Big :hugs: PepsiChic, I can only imagine what you must go through when your hubby has to go to work.

I'm having a bad few days. I am so anxious and agitated. I get up every day and face the day with fear. My biggest one at the min is that they'll take my baby off me. :(
 
:hug: to everyone, i hate that we all have anxiety, at least everyone on here is supportive of each other and were able to understance and offer advice, thank you everyone :hug:
 
:hug: to everyone, i hate that we all have anxiety, at least everyone on here is supportive of each other and were able to understance and offer advice, thank you everyone :hug:

i second that, this thread is one of the kinest and most supportive threads i have seen on BnB.

:hugs::hugs::hugs: for everyone, thankyou all for being so lovely x so sorry that we all have to suffer something x
 
Definatly big hugs to all you ladies who suffer with anxiety! I was put on medication in october for my anxiety attacks and have recently lowered my dose so i definately know how you can feel. If anyone wants a chat feel free to pm me :)
 
I have to do an pre-inspection alone. my husband misread the time from 9:30 to 2:30. so now I Have to have strangers in my house alone, and deal with them inspecting my house. my anxiety is sky high. and I am so antsy. uggh.
 
PepsiChic that's awful :( At least you have lots of people here who understand... just wish we could do more x
9babies, its not good having people in your house is it. I know that I have very few visitors... my choice due to how it makes me feel. Hope the inspection goes quickly for you.

Thanks Mummapie x it's a lovely board here and everyone is so friendly.
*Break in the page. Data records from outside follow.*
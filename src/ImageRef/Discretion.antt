-- ===== src/ImageRef/Discretion.antt =====
-- What the log of pkg/imageref/debug_keychain.go shows of credentials, and what it is to the answers.
use aqua_scan_gate.Common.{
  Text, List, [], ◌∷◌, ◌++◌, map, Bool, true, false, not, ◌||◌, Option, none, some, Result, ok, err,
  Bool-cases, Option-cases, subst, append-nil, if◌then◌else◌, ◌≡◌, refl, sym, ap, ◌∙◌, inl, inr,
  arith,
}
use aqua_scan_gate.ImageRef.Keychains.{
  Credentials, Authenticator, Keychain, is_empty, is_usable, multi_resolve,
}
use aqua_scan_gate.ImageRef.Masking.{
  mask_credential, Presence, presence, Entry, judge_answer, try_keychains, names_of,
  debug_multi_resolve,
}

abbrev pub no_log : List (Text × Keychain) → List Keychain
no_log [] = []
no_log ((name, kc) ∷ kcs) = kc ∷ no_log kcs

-- What a log may show of an answer: which fields are filled, and the mask of the username.
pub data Shape : Type 0 where
  resolve_failed authorization_failed : Text → Shape
  is_anonymous without_config : Shape
  with_config : Presence → Text → Shape

abbrev pub shape_of : Result Text Authenticator → Shape
shape_of (err e) = resolve_failed e
shape_of (ok Authenticator.anonymous) = is_anonymous
shape_of (ok (Authenticator.credentials (err e))) = authorization_failed e
shape_of (ok (Authenticator.credentials (ok none))) = without_config
shape_of (ok (Authenticator.credentials (ok (some c)))) =
    with_config (presence c) (mask_credential c.username)

-- A named keychain by its name and the shape of its answer.
abbrev pub shown : Text → Text × Keychain → Text × Shape
shown target (name, kc) = (name, shape_of (kc target))

-- whether a shape ends the search
ends : Shape → Bool
ends (with_config p masked) =
    p.has_username || p.has_password || p.has_token || p.has_identity_token
ends _ = false

lines_of : Text → Shape → List Entry
lines_of name (resolve_failed e) = Entry.keychain_error name e ∷ []
lines_of name is_anonymous = Entry.returned_anonymous name ∷ []
lines_of name (authorization_failed e) = Entry.authorization_error name e ∷ []
lines_of name without_config = Entry.empty_credentials name ∷ []
lines_of name (with_config p masked) =
    if ends (with_config p masked)
    then Entry.keychain_succeeded name p ∷ []
    else Entry.empty_credentials name ∷ []

log_of : Text → List (Text × Shape) → List Entry
log_of target [] = Entry.no_keychain target ∷ []
log_of target ((name, shape) ∷ rest) =
    let later = log_of target rest in
    Entry.trying name ∷ lines_of name shape ++ (if ends shape then [] else later)

is_empty-ends :
    (c : Credentials) (masked : Text) → ends (with_config (presence c) masked) ≡ not (is_empty c)
unfolding ends is_empty presence
is_empty-ends c masked = ground arith

judge_answer-lines :
    (name : Text) (a : Result Text Authenticator)
    → (judge_answer name a).1 ≡ lines_of name (shape_of a)
unfolding judge_answer lines_of
judge_answer-lines name (err e) = refl
judge_answer-lines name (ok Authenticator.anonymous) = refl
judge_answer-lines name (ok (Authenticator.credentials (err e))) = refl
judge_answer-lines name (ok (Authenticator.credentials (ok none))) = refl
judge_answer-lines name (ok (Authenticator.credentials (ok (some c)))) =
    elim (Bool-cases (is_empty c)) [
      | inl y ↦ rw (is_empty-ends, judge_answer, y) refl
      | inr n ↦ rw (is_empty-ends, judge_answer, n) refl
    ]

-- Whether the search stops, and with what.
abbrev IsJudged : Option Authenticator → Result Text Authenticator → Type 0
IsJudged (some auth) a = (a ≡ ok auth) × (ends (shape_of a) ≡ true) × (is_usable a ≡ true)
IsJudged none a = (ends (shape_of a) ≡ false) × (is_usable a ≡ false)

judge_answer-IsJudged :
    (name : Text) (a : Result Text Authenticator) → IsJudged (judge_answer name a).0 a
unfolding judge_answer ends is_usable
judge_answer-IsJudged name (err e) = (refl, refl)
judge_answer-IsJudged name (ok Authenticator.anonymous) = (refl, refl)
judge_answer-IsJudged name (ok (Authenticator.credentials (err e))) = (refl, refl)
judge_answer-IsJudged name (ok (Authenticator.credentials (ok none))) = (refl, refl)
judge_answer-IsJudged name (ok (Authenticator.credentials (ok (some c)))) =
    elim (Bool-cases (is_empty c)) [
      | inl y ↦
          rw (judge_answer, y) (is_empty-ends c (mask_credential c.username) ∙ ap not y, ap not y)
      | inr n ↦
          rw (judge_answer, n)
            (refl, is_empty-ends c (mask_credential c.username) ∙ ap not n, ap not n)
    ]

try_keychains-log :
    (kcs : List (Text × Keychain)) (target : Text)
    → (try_keychains kcs target).1 ≡ log_of target (map (shown target) kcs)
unfolding try_keychains log_of
try_keychains-log [] target = refl
try_keychains-log ((name, kc) ∷ kcs) target =
    let judged = judge_answer-IsJudged name (kc target) in
    elim (Option-cases (judge_answer name (kc target)).0) [
      | inl n ↦
          let (going, _) = subst (λ o. IsJudged o (kc target)) n judged in
          rw
            (
              try_keychains,
              n,
              going,
              judge_answer-lines name (kc target),
              try_keychains-log kcs target,
            )
            refl
      | inr (auth, e) ↦
          let (_, stops, _) = subst (λ o. IsJudged o (kc target)) e judged in
          rw (try_keychains, e, stops, judge_answer-lines name (kc target), append-nil) refl
    ]

try_keychains-multi_resolve :
    (kcs : List (Text × Keychain)) (target : Text)
    → ok (try_keychains kcs target).0 ≡ multi_resolve (no_log kcs) target
unfolding try_keychains multi_resolve
try_keychains-multi_resolve [] target = refl
try_keychains-multi_resolve ((name, kc) ∷ kcs) target =
    let judged = judge_answer-IsJudged name (kc target) in
    elim (Option-cases (judge_answer name (kc target)).0) [
      | inl n ↦
          let (_, useless) = subst (λ o. IsJudged o (kc target)) n judged in
          rw (try_keychains, multi_resolve, n, useless) (try_keychains-multi_resolve kcs target)
      | inr (auth, e) ↦
          let (answer, _, usable) = subst (λ o. IsJudged o (kc target)) e judged in
          rw (try_keychains, multi_resolve, e, usable) (sym answer)
    ]

-- Logging a search through keychains changes no answer: it is that of the search without a log.
pub debug_multi_resolve-multi_resolve :
    (kcs : List (Text × Keychain)) (target : Text)
    → ok (debug_multi_resolve kcs target).0 ≡ multi_resolve (no_log kcs) target
unfolding debug_multi_resolve
debug_multi_resolve-multi_resolve kcs target = try_keychains-multi_resolve kcs target

names_of-shown :
    (kcs : List (Text × Keychain)) (target : Text)
    → names_of kcs ≡ map (λ p. p.0) (map (shown target) kcs)
names_of-shown [] target = refl
names_of-shown ((name, kc) ∷ kcs) target = ap (λ l. name ∷ l) (names_of-shown kcs target)

-- The log of a search gives no secret away: it is the same for two chains of keychains with the same
-- names whose answers differ only in what their shapes hide, which is the passwords and tokens, but
-- for whether there are any, and the usernames, but for their masks.
pub debug_multi_resolve-discreet :
    (kcs kds : List (Text × Keychain)) (target : Text)
    → map (shown target) kcs ≡ map (shown target) kds
    → (debug_multi_resolve kcs target).1 ≡ (debug_multi_resolve kds target).1
unfolding debug_multi_resolve
debug_multi_resolve-discreet kcs kds target h =
    let lines : (try_keychains kcs target).1 ≡ (try_keychains kds target).1 =
      try_keychains-log kcs target ∙ ap (log_of target) h ∙ sym (try_keychains-log kds target) in
    let names : names_of kcs ≡ names_of kds =
      names_of-shown kcs target ∙ ap (map (λ p. p.0)) h ∙ sym (names_of-shown kds target) in
    rw (lines, names) refl
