-- ===== src/ImageRef/Naming.antt =====
-- The names that `ScanName` of pkg/imageref/imageref.go gives to ImageScan resources.
use aqua_scan_gate.Common.{
  ℕ, ◌≤◌, Text, codes, [], ◌++◌, ◌≡◌, ◌≢◌, arith, ◌==◌, eq_iff, length, length-take-le, take,
  replace_byte, ltb, if◌then◌else◌, Bool-cases, inl, inr,
}
use aqua_scan_gate.ImageRef.{ImageRef, scan_name}

length-cut-le :
    (n : ℕ) (name : Text) → length (if ltb n (length name) then take n name else name) ≤ n
length-cut-le n name = ground (arith, length-take-le n name)

length-hashed-le : (hash : Text) → length (codes "img-" ++ take 56 hash) ≤ 63
length-hashed-le hash = omega (arith, length-take-le 56 hash)

module _ (hash_string : Text → Text) where
  -- A name has at most 63 bytes, whatever the image, the digest and the hash.
  pub length-scan_name-le : (img : ImageRef) → length (scan_name hash_string img) ≤ 63
  unfolding scan_name
  length-scan_name-le img = elim (Bool-cases (img.digest == [])) [
    | inl e ↦ rw (e, scan_name) (length-hashed-le (hash_string img.image))
    | inr e ↦ rw (e, scan_name) (length-cut-le 63 (replace_byte b':' b'-' img.digest))
  ]

  -- Two references with the same digest, not empty, share one scan, whatever their images are called.
  pub scan_name-same_digest :
      (a b : ImageRef)
      → a.digest ≢ []
      → a.digest ≡ b.digest
      → scan_name hash_string a ≡ scan_name hash_string b
  unfolding scan_name
  scan_name-same_digest a b h e = ground (arith, eq_iff a.digest [], eq_iff b.digest [])

  -- Without a digest the name depends on the first 56 digits of the image's hash alone.
  pub scan_name-same_hash :
      (a b : ImageRef)
      → a.digest ≡ []
      → b.digest ≡ []
      → take 56 (hash_string a.image) ≡ take 56 (hash_string b.image)
      → scan_name hash_string a ≡ scan_name hash_string b
  unfolding scan_name
  scan_name-same_hash a b h k e = ground (arith, eq_iff a.digest [], eq_iff b.digest [])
Needausername, anything in particular happen?
 
PepsiChic that's awful :( At least you have lots of people here who understand... just wish we could do more x
9babies, its not good having people in your house is it. I know that I have very few visitors... my choice due to how it makes me feel. Hope the inspection goes quickly for you.

Thanks Mummapie x it's a lovely board here and everyone is so friendly.

Needausername, anything in particular happen?

thanks. I only have people I know ,and very close and few people get to come in my house, it causes me severe anxiety. I feel like I am trapped and I still have hours to go till they are here. ; (
 
Needausername, anything in particular happen?

I just feel so useless. All this crap at work and not a thing being sorted. I wish it was sorted so I could start getting over everything. Then I feel so unappreciated by management. They actually haven't a clue about the job that I am in. They think it is a soft option and doesn't take much effort! But it is probably one of the hardest jobs there because you have to be in a constant good mood and have a high energy level to keep the others going. Not exactly an easy task when you have depression and post viral fatigue!
 
9babies....how did it go?

Needausername... Ugh that would send me into hyper mode which I hate. whenever I have to pretend I always go overboard... it's not something I have control over, just seems to happen.
 
9babies....how did it go?

Needausername... Ugh that would send me into hyper mode which I hate. whenever I have to pretend I always go overboard... it's not something I have control over, just seems to happen.

It went ok, but now they are saying we can not have an rv parked in our front place, even in our driveway. I am so peeved, bc we have to move in most of our stuff in the rv. and now to have to park it somewhere then drive it back so we can pack more stuff into it, is not easy , especially bc I can not drive . uggh. I am so annoyed, we have to replace a bunch of things in the house, and pay for them. and we have a month to get everything out. MOVIng is a pain in my ass.
 
am i suffering from anxiety? im always stressed, worried, get headaches on on side, burning scalp, hard to fall asleep, chest pains
 
am i suffering from anxiety? im always stressed, worried, get headaches on on side, burning scalp, hard to fall asleep, chest pains

do you feel out of control when you feel anxious or do you feel stressed? a lot of people mistake stress for anxiety, but they do have some similar symptoms.

headaches are more stress related, but feeling disorientated, upset, panicky and out of control of everything is more likely to be an anxiety problem.

is there certain things which make you feel the way you do?